*REQUIRED WORK*:
Starting with the first line of the data that follows, transcribe every line verbatim until the line containing "abbrev started : LogState" has been transcribed.

*MATERIAL SHOWN*:
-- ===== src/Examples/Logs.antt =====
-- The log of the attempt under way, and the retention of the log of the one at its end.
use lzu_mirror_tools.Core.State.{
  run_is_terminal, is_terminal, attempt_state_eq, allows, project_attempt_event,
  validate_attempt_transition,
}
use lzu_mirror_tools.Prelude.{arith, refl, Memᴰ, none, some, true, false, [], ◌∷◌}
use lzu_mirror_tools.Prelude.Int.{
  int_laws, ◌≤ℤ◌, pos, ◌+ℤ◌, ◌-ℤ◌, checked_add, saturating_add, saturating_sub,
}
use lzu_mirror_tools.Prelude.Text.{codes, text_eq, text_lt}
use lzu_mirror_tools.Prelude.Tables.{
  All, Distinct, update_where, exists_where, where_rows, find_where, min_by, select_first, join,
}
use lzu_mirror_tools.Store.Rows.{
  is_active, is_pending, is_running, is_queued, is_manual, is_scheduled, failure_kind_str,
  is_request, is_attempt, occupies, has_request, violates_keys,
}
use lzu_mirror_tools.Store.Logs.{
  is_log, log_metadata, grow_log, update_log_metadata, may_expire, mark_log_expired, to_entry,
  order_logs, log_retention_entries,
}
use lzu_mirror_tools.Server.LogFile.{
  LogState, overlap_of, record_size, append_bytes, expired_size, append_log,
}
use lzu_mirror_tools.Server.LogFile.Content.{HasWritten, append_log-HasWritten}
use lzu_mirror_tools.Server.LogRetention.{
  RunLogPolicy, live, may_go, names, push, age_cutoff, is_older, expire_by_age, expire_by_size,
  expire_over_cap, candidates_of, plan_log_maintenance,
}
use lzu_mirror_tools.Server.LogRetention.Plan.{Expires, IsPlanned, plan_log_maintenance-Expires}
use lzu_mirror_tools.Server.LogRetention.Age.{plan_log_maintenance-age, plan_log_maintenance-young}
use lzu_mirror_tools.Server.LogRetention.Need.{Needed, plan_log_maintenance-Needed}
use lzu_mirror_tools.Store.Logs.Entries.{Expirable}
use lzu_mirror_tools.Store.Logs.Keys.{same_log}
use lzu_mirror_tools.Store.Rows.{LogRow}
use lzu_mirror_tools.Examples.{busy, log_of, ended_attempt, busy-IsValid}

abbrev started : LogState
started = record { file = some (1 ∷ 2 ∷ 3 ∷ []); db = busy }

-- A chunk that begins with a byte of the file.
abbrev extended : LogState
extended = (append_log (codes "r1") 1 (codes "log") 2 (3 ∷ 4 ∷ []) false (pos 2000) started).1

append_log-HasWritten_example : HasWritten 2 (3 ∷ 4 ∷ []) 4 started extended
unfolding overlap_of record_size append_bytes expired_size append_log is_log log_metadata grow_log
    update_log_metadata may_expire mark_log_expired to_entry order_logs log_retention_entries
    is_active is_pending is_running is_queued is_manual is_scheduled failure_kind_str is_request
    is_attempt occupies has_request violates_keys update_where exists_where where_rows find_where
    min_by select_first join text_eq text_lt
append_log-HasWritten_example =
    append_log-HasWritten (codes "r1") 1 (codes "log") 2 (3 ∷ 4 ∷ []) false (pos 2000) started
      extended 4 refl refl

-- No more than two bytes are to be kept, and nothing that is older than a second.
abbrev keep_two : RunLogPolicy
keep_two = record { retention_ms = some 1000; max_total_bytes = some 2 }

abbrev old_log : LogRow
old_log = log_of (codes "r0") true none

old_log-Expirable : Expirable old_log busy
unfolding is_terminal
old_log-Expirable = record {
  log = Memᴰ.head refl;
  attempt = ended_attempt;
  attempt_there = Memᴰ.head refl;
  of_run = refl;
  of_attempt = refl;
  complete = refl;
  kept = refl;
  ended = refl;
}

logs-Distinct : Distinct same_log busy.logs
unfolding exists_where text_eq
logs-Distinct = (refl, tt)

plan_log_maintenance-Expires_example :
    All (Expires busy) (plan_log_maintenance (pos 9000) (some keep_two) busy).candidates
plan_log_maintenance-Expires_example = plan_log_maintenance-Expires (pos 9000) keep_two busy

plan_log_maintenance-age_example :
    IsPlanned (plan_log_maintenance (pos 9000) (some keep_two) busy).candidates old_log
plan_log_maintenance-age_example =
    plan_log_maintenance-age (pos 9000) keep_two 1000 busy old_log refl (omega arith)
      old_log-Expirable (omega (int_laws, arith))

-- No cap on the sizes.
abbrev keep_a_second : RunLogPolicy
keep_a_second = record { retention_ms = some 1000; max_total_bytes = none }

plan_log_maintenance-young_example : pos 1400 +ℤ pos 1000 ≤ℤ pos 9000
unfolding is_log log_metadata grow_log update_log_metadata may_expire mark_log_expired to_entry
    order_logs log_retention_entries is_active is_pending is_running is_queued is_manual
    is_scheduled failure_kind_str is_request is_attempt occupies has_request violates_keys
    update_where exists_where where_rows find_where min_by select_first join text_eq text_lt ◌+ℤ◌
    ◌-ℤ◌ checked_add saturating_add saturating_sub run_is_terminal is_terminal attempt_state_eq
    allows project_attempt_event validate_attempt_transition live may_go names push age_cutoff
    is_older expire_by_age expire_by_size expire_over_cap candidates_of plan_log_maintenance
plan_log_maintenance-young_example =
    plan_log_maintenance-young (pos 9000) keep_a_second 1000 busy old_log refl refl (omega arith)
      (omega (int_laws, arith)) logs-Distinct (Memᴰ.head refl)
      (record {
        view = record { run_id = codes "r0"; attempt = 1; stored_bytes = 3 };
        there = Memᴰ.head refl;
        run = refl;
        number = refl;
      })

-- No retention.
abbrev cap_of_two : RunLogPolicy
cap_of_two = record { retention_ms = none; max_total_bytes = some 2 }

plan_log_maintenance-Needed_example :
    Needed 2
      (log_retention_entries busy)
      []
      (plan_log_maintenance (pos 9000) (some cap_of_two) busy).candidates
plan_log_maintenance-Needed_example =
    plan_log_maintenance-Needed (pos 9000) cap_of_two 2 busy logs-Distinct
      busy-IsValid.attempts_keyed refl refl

*YOUR RESPONSE*:
-- ===== src/Examples/Logs.antt =====
-- The log of the attempt under way, and the retention of the log of the one at its end.
use lzu_mirror_tools.Core.State.{
  run_is_terminal, is_terminal, attempt_state_eq, allows, project_attempt_event,
  validate_attempt_transition,
}
use lzu_mirror_tools.Prelude.{arith, refl, Memᴰ, none, some, true, false, [], ◌∷◌}
use lzu_mirror_tools.Prelude.Int.{
  int_laws, ◌≤ℤ◌, pos, ◌+ℤ◌, ◌-ℤ◌, checked_add, saturating_add, saturating_sub,
}
use lzu_mirror_tools.Prelude.Text.{codes, text_eq, text_lt}
use lzu_mirror_tools.Prelude.Tables.{
  All, Distinct, update_where, exists_where, where_rows, find_where, min_by, select_first, join,
}
use lzu_mirror_tools.Store.Rows.{
  is_active, is_pending, is_running, is_queued, is_manual, is_scheduled, failure_kind_str,
  is_request, is_attempt, occupies, has_request, violates_keys,
}
use lzu_mirror_tools.Store.Logs.{
  is_log, log_metadata, grow_log, update_log_metadata, may_expire, mark_log_expired, to_entry,
  order_logs, log_retention_entries,
}
use lzu_mirror_tools.Server.LogFile.{
  LogState, overlap_of, record_size, append_bytes, expired_size, append_log,
}
use lzu_mirror_tools.Server.LogFile.Content.{HasWritten, append_log-HasWritten}
use lzu_mirror_tools.Server.LogRetention.{
  RunLogPolicy, live, may_go, names, push, age_cutoff, is_older, expire_by_age, expire_by_size,
  expire_over_cap, candidates_of, plan_log_maintenance,
}
use lzu_mirror_tools.Server.LogRetention.Plan.{Expires, IsPlanned, plan_log_maintenance-Expires}
use lzu_mirror_tools.Server.LogRetention.Age.{plan_log_maintenance-age, plan_log_maintenance-young}
use lzu_mirror_tools.Server.LogRetention.Need.{Needed, plan_log_maintenance-Needed}
use lzu_mirror_tools.Store.Logs.Entries.{Expirable}
use lzu_mirror_tools.Store.Logs.Keys.{same_log}
use lzu_mirror_tools.Store.Rows.{LogRow}
use lzu_mirror_tools.Examples.{busy, log_of, ended_attempt, busy-IsValid}

abbrev started : LogState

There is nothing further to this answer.